*Try it*
Start at the first line of the listing below. Write out each line exactly, stopping after the one that contains "pub alive : weight is_dead s.refcount ≡ 0".

*Input records*

• • • • •

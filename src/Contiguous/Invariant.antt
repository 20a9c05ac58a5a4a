-- ===== src/Contiguous/Invariant.antt =====
-- The invariant of the contiguous oracle, and the primitives that keep it.
use chip_hackathon_f.Prelude.{
  ℕ, ◌+◌, ◌≤◌, ◌≡◌, refl, ◌∙◌, inl, inr, true, none, some, List, [], ◌∷◌, ◌++◌, arith, ltb, nat_beq,
  nat_eq, indicator, count, count-append, length, length-append, Option-cases,
}
use chip_hackathon_f.Dict.{Dict, get, put, erase, weight, weight-put, weight-erase}
use chip_hackathon_f.Dict.Weights.{
  is_key, refs_of, is_dead, one, length-weight, get-none, refs-none, keys-none, refs-get,
}
use chip_hackathon_f.Exec.{ok, Returns, returns, Returns-continue, Returns-mono}
use chip_hackathon_f.Alloc.{seq_id_eq, Pool}
use chip_hackathon_f.Alloc.Invariant.{uses}
use chip_hackathon_f.Contiguous.{
  SpanState, init, lengths, set_ones, unref_span_block, unref_blocks, assert_conservation,
  total_size,
}
use chip_hackathon_f.Contiguous.Extents.{cover}

-- `held` are the scratch blocks of live sequences; `limbo` are blocks that were freed inside a span
-- that is not given back yet.
pub record SpanInv (size : ℕ) (held limbo : List ℕ) (s : Pool SpanState) : Type 0 where
  pub counted : (b : ℕ) → weight (refs_of b) s.refcount ≡ weight (uses b) s.tables + count b held
  pub placed :
      (b : ℕ)
      → weight (is_key b) s.refcount
          + cover b s.placement.extents
          + weight (uses b) s.placement.reserved
          + count b limbo
        ≡ indicator (ltb b size)
  pub alone : (b : ℕ) → weight (refs_of b) s.refcount ≤ 1
  pub alive : weight is_dead s.refcount ≡ 0
  pub ledger : s.allocated_total ≡ s.freed_total + length s.refcount
  pub whole :
      length s.refcount
        + (total_size s.placement.extents + weight lengths s.placement.reserved)
        + length limbo
      ≡ size
  pub sized : s.num_blocks ≡ size

-- Fresh blocks, each with the count 1.
pub record Ones (bs : List ℕ) (d e : Dict ℕ ℕ) : Type 0 where
  pub keys : (x : ℕ) → weight (is_key x) e ≡ weight (is_key x) d + count x bs
  pub refs : (x : ℕ) → weight (refs_of x) e ≡ weight (refs_of x) d + count x bs
  pub dead : weight is_dead e ≡ weight is_dead d
  pub larger : length e ≡ length d + length bs

pub set_ones-Ones :
    (bs : List ℕ) (d : Dict ℕ ℕ)
    → ((x : ℕ) → weight (is_key x) d + count x bs ≤ 1)
    → Ones bs d (set_ones bs d)
unfolding set_ones
set_ones-Ones [] d h = record {
  keys = λ x. omega arith;
  refs = λ x. omega arith;
  dead = refl;
  larger = omega arith;
}
set_ones-Ones (b ∷ bs) d h =
    let fresh : get b d ≡ none = get-none b d (ground (arith, h b)) in
    let r =
      set_ones-Ones bs (put b 1 d) (λ x. ground (arith, h x, weight-put (is_key x) b 1 d, fresh)) in
    record {
      keys = λ x. ground (arith, r.keys x, weight-put (is_key x) b 1 d, fresh);
      refs = λ x. ground (
        arith,
        r.refs x,
        weight-put (refs_of x) b 1 d,
        fresh,
        refs-none b d (keys-none b d fresh),
      );
      dead = ground (arith, r.dead, weight-put is_dead b 1 d, fresh);
      larger = ground (
        arith,
        r.larger,
        length-weight d,
        length-weight (put b 1 d),
        weight-put one b 1 d,
        fresh,
      );
    }

pub record Freed (size : ℕ) (held limbo : List ℕ) (s t : Pool SpanState) : Type 0 where
  pub inv : SpanInv size held limbo t
  pub same_tables : t.tables ≡ s.tables
  pub same_placement : t.placement ≡ s.placement

module _ {size : ℕ} where
  pub SpanInv-perm :
      {g h l m : List ℕ} {s : Pool SpanState}
      → ((b : ℕ) → count b g ≡ count b h)
      → ((b : ℕ) → count b l ≡ count b m)
      → length l ≡ length m
      → SpanInv size g l s
      → SpanInv size h m s
  SpanInv-perm e f n v = record {
    counted = λ b. omega (arith, v.counted b, e b);
    placed = λ b. omega (arith, v.placed b, f b);
    alone = v.alone;
    alive = v.alive;
    ledger = v.ledger;
    whole = omega (arith, v.whole);
    sized = v.sized;
  }

  -- A span block has one reference.
  single :
      (held limbo : List ℕ) (b n : ℕ) (s : Pool SpanState)
      → SpanInv size (b ∷ held) limbo s
      → get b s.refcount ≡ some n
      → n ≡ 1
  single held limbo b n s v e =
      ground (arith, v.counted b, v.placed b, v.alone b, refs-get b n s.refcount e)

  unref-Freed :
      (held limbo : List ℕ) (b : ℕ) (s : Pool SpanState)
      → SpanInv size (b ∷ held) limbo s
      → Returns (λ _ t. Freed size held (b ∷ limbo) s t) (unref_span_block b s)
  unfolding unref_span_block
  unref-Freed held limbo b s v = elim (Option-cases (get b s.refcount)) [
    | inl e ↦
        absurd (ground (arith, v.counted b, refs-none b s.refcount (keys-none b s.refcount e)))
    | inr (n, e) ↦
        let last : nat_beq n 1 ≡ true = ground (arith, single held limbo b n s v e) in
        let shrunk : length (erase b s.refcount) + 1 ≡ length s.refcount = ground (
          arith,
          length-weight s.refcount,
          length-weight (erase b s.refcount),
          weight-erase one b s.refcount,
          e,
        ) in
        let n_one : n ≡ 1 = ground arith in
        rw (e, last)
          (returns (record {
            inv = record {
              counted =
                  λ x. ground (arith, v.counted x, weight-erase (refs_of x) b s.refcount, e, n_one);
              placed = λ x. ground (arith, v.placed x, weight-erase (is_key x) b s.refcount, e);
              alone = λ x. ground (arith, v.alone x, weight-erase (refs_of x) b s.refcount, e);
              alive = ground (arith, v.alive, weight-erase is_dead b s.refcount, e, n_one);
              ledger = ground (arith, v.ledger, shrunk);
              whole = ground (arith, v.whole, shrunk);
              sized = v.sized;
            };
            same_tables = refl;
            same_placement = refl;
          }))
  ]

  pub unref_blocks-Freed :
      (bs held limbo : List ℕ) (s : Pool SpanState)
      → SpanInv size (bs ++ held) limbo s
      → Returns (λ _ t. Freed size held (bs ++ limbo) s t) (unref_blocks bs s)
  unfolding unref_blocks
  unref_blocks-Freed [] held limbo s v =
      returns (record { inv = v; same_tables = refl; same_placement = refl })
  unref_blocks-Freed (b ∷ bs) held limbo s v =
      Returns-continue _ (unref-Freed (bs ++ held) limbo b s v) λ _ t k.
        Returns-mono (unref_blocks-Freed bs held (b ∷ limbo) t k.inv) λ _ u l. record {
          inv =
              SpanInv-perm (λ x. refl)
                (λ x. omega (arith, count-append x bs (b ∷ limbo), count-append x bs limbo))
                (omega (arith, length-append bs (b ∷ limbo), length-append bs limbo)) l.inv;
          same_tables = l.same_tables ∙ k.same_tables;
          same_placement = l.same_placement ∙ k.same_placement;
        }

  -- Where the invariant of the contiguous oracle holds and no block of a span is in between,
  -- `assert_conservation` does not raise and changes nothing.
  pub conservation :
      (held : List ℕ) (s : Pool SpanState)
      → SpanInv size held [] s
      → assert_conservation s ≡ (ok tt, s)
  unfolding assert_conservation
  conservation held s v =
      let balanced : nat_beq s.allocated_total (s.freed_total + length s.refcount) ≡ true =
        ground (arith, v.ledger) in
      let covered : nat_beq
            (length s.refcount
              + (total_size s.placement.extents + weight lengths s.placement.reserved))
            s.num_blocks
          ≡ true =
        ground (arith, v.whole, v.sized) in
      rw (balanced, covered)

pub init-SpanInv : (n : ℕ) → SpanInv n [] [] (init n)
unfolding init
init-SpanInv n = record {
  counted = λ b. refl;
  placed = λ b. ground arith;
  alone = λ b. omega arith;
  alive = refl;
  ledger = refl;
  whole = omega arith;
  sized = refl;
}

• • • • •

*Result of the exercise*
filename src/Contiguous/Invariant.antt
repository 20a9c05ac58a5a4a
-- ===== src/Contiguous/Invariant.antt =====
-- The invariant of the contiguous oracle, and the primitives that keep it.
use chip_hackathon_f.Prelude.{
  ℕ, ◌+◌, ◌≤◌, ◌≡◌, refl, ◌∙◌, inl, inr, true, none, some, List, [], ◌∷◌, ◌++◌, arith, ltb, nat_beq,
  nat_eq, indicator, count, count-append, length, length-append, Option-cases,
}
use chip_hackathon_f.Dict.{Dict, get, put, erase, weight, weight-put, weight-erase}
use chip_hackathon_f.Dict.Weights.{
  is_key, refs_of, is_dead, one, length-weight, get-none, refs-none, keys-none, refs-get,
}
use chip_hackathon_f.Exec.{ok, Returns, returns, Returns-continue, Returns-mono}
use chip_hackathon_f.Alloc.{seq_id_eq, Pool}
use chip_hackathon_f.Alloc.Invariant.{uses}
use chip_hackathon_f.Contiguous.{
  SpanState, init, lengths, set_ones, unref_span_block, unref_blocks, assert_conservation,
  total_size,
}
use chip_hackathon_f.Contiguous.Extents.{cover}

-- `held` are the scratch blocks of live sequences; `limbo` are blocks that were freed inside a span
-- that is not given back yet.
pub record SpanInv (size : ℕ) (held limbo : List ℕ) (s : Pool SpanState) : Type 0 where
  pub counted : (b : ℕ) → weight (refs_of b) s.refcount ≡ weight (uses b) s.tables + count b held
  pub placed :
      (b : ℕ)
      → weight (is_key b) s.refcount
          + cover b s.placement.extents
          + weight (uses b) s.placement.reserved
          + count b limbo
        ≡ indicator (ltb b size)
  pub alone : (b : ℕ) → weight (refs_of b) s.refcount ≤ 1
  pub alive : weight is_dead s.refcount ≡ 0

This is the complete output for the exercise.